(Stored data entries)
= = = = = = =

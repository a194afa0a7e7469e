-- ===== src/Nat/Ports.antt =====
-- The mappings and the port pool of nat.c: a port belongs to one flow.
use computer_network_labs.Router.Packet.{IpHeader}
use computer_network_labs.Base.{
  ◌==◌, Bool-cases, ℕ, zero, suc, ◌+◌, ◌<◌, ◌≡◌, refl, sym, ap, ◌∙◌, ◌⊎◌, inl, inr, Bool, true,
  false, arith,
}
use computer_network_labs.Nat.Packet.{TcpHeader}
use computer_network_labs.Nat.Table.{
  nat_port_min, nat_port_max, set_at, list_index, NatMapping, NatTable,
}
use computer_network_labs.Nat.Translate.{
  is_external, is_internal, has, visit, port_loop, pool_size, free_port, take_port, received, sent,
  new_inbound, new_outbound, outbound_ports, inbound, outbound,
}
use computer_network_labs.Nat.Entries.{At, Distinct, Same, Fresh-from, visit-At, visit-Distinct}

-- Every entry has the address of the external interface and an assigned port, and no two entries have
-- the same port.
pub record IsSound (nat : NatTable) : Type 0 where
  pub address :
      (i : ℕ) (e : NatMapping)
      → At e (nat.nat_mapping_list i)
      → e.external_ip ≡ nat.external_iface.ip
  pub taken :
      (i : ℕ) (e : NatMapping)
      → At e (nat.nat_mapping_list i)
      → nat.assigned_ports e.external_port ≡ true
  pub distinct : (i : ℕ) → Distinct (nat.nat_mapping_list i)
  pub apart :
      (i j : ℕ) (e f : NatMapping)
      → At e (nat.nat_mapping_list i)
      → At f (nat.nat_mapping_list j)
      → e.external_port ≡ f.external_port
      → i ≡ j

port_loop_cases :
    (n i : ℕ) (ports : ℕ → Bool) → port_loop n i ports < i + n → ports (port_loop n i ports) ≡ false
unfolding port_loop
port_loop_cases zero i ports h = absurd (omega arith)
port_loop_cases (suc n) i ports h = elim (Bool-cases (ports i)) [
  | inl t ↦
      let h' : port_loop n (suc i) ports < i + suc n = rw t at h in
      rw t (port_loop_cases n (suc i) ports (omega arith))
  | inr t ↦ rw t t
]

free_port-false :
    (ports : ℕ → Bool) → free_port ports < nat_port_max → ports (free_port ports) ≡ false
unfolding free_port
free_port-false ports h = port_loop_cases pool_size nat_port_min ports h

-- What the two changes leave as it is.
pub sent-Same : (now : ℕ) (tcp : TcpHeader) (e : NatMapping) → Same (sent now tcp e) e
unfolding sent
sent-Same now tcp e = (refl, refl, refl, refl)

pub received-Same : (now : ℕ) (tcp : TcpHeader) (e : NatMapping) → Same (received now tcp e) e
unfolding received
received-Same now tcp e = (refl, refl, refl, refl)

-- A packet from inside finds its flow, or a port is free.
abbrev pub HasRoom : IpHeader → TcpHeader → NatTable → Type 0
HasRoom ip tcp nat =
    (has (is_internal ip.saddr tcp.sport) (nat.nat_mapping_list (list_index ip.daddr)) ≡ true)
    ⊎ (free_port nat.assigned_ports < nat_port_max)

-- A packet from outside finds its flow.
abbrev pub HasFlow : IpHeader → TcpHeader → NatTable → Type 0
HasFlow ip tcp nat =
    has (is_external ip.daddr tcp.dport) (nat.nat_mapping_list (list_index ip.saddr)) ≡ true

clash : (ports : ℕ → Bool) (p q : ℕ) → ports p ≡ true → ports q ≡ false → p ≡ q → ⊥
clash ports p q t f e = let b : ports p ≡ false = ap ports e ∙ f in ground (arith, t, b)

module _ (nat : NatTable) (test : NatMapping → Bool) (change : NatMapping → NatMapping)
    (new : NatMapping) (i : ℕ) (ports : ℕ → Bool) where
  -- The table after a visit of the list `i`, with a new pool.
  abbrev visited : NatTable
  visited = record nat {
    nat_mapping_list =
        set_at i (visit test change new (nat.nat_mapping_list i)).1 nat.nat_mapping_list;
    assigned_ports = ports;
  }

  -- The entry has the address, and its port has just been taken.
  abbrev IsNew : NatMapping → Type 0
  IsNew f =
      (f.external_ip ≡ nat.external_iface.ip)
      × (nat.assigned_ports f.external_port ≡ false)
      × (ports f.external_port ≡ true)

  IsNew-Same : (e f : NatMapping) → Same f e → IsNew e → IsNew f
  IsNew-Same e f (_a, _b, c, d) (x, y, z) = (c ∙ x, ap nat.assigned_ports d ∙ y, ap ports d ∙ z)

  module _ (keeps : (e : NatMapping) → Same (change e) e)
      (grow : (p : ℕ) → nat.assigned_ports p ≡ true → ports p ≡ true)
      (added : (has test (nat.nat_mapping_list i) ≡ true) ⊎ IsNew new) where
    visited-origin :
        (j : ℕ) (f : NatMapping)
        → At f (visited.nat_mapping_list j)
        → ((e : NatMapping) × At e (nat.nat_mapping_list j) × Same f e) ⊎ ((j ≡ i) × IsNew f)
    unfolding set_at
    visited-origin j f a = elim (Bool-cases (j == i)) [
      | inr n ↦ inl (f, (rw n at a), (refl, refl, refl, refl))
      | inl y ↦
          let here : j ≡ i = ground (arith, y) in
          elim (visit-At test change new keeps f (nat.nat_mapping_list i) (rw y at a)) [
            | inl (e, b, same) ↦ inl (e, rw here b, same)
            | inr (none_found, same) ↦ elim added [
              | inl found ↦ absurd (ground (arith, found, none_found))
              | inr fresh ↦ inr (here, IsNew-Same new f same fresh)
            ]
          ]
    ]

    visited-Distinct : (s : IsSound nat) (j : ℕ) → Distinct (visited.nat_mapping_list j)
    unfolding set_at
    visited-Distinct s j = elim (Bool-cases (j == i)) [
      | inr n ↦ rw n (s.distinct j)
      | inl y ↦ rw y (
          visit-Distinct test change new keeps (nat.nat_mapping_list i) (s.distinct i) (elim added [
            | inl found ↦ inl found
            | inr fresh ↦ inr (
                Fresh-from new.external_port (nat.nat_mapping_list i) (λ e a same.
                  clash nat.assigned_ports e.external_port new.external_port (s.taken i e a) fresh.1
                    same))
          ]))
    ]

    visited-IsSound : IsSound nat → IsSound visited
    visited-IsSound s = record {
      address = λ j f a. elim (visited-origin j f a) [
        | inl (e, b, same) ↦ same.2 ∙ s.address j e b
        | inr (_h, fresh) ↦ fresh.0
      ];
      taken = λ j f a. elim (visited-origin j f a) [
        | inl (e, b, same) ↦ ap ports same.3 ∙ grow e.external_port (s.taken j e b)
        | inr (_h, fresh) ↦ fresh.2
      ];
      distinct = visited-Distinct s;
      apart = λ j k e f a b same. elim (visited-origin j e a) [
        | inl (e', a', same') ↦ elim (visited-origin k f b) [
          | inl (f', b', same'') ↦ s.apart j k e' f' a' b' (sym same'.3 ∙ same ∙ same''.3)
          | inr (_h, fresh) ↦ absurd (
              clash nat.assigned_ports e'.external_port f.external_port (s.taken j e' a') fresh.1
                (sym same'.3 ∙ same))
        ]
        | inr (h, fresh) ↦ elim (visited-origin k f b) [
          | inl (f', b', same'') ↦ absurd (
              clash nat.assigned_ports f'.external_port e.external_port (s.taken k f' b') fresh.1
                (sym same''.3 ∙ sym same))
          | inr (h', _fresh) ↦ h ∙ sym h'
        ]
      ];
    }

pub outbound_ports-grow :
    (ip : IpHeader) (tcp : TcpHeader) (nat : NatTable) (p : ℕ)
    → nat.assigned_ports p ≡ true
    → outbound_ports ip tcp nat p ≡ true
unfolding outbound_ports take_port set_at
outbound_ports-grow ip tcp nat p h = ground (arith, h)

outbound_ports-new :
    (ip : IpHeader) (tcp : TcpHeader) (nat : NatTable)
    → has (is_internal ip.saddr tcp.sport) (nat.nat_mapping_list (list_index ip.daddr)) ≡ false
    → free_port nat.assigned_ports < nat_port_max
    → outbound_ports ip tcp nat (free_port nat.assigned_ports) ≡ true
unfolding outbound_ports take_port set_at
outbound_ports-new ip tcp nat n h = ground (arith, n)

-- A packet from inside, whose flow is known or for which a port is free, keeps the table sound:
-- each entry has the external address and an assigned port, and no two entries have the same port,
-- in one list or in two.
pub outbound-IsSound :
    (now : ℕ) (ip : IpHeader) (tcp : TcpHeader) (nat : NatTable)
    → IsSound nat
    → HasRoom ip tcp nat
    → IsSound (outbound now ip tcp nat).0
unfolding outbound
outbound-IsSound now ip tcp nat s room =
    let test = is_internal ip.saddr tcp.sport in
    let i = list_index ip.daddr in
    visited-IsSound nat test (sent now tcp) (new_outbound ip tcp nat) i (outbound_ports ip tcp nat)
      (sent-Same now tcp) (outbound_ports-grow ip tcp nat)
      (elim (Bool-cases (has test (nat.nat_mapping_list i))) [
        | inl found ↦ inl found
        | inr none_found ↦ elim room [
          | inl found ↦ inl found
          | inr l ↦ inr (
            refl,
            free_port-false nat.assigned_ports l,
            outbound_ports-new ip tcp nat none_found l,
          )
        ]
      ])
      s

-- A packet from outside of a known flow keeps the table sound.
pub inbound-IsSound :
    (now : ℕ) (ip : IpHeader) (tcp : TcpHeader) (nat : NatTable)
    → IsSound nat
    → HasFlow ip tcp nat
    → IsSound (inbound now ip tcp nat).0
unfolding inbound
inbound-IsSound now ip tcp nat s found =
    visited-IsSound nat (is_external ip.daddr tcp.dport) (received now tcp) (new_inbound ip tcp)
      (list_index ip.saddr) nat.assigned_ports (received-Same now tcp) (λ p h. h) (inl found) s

= = = = = = =

:: Task to carry out ::
Your answer should be the lines from the one containing "inbound-IsSound now ip" through the last line of the records, repeated exactly and with nothing added.

:: Answer ::
inbound-IsSound now ip tcp nat s found =
    visited-IsSound nat (is_external ip.daddr tcp.dport) (received now tcp) (new_inbound ip tcp)
      (list_index ip.saddr) nat.assigned_ports (received-Same now tcp) (λ p h. h) (inl found) s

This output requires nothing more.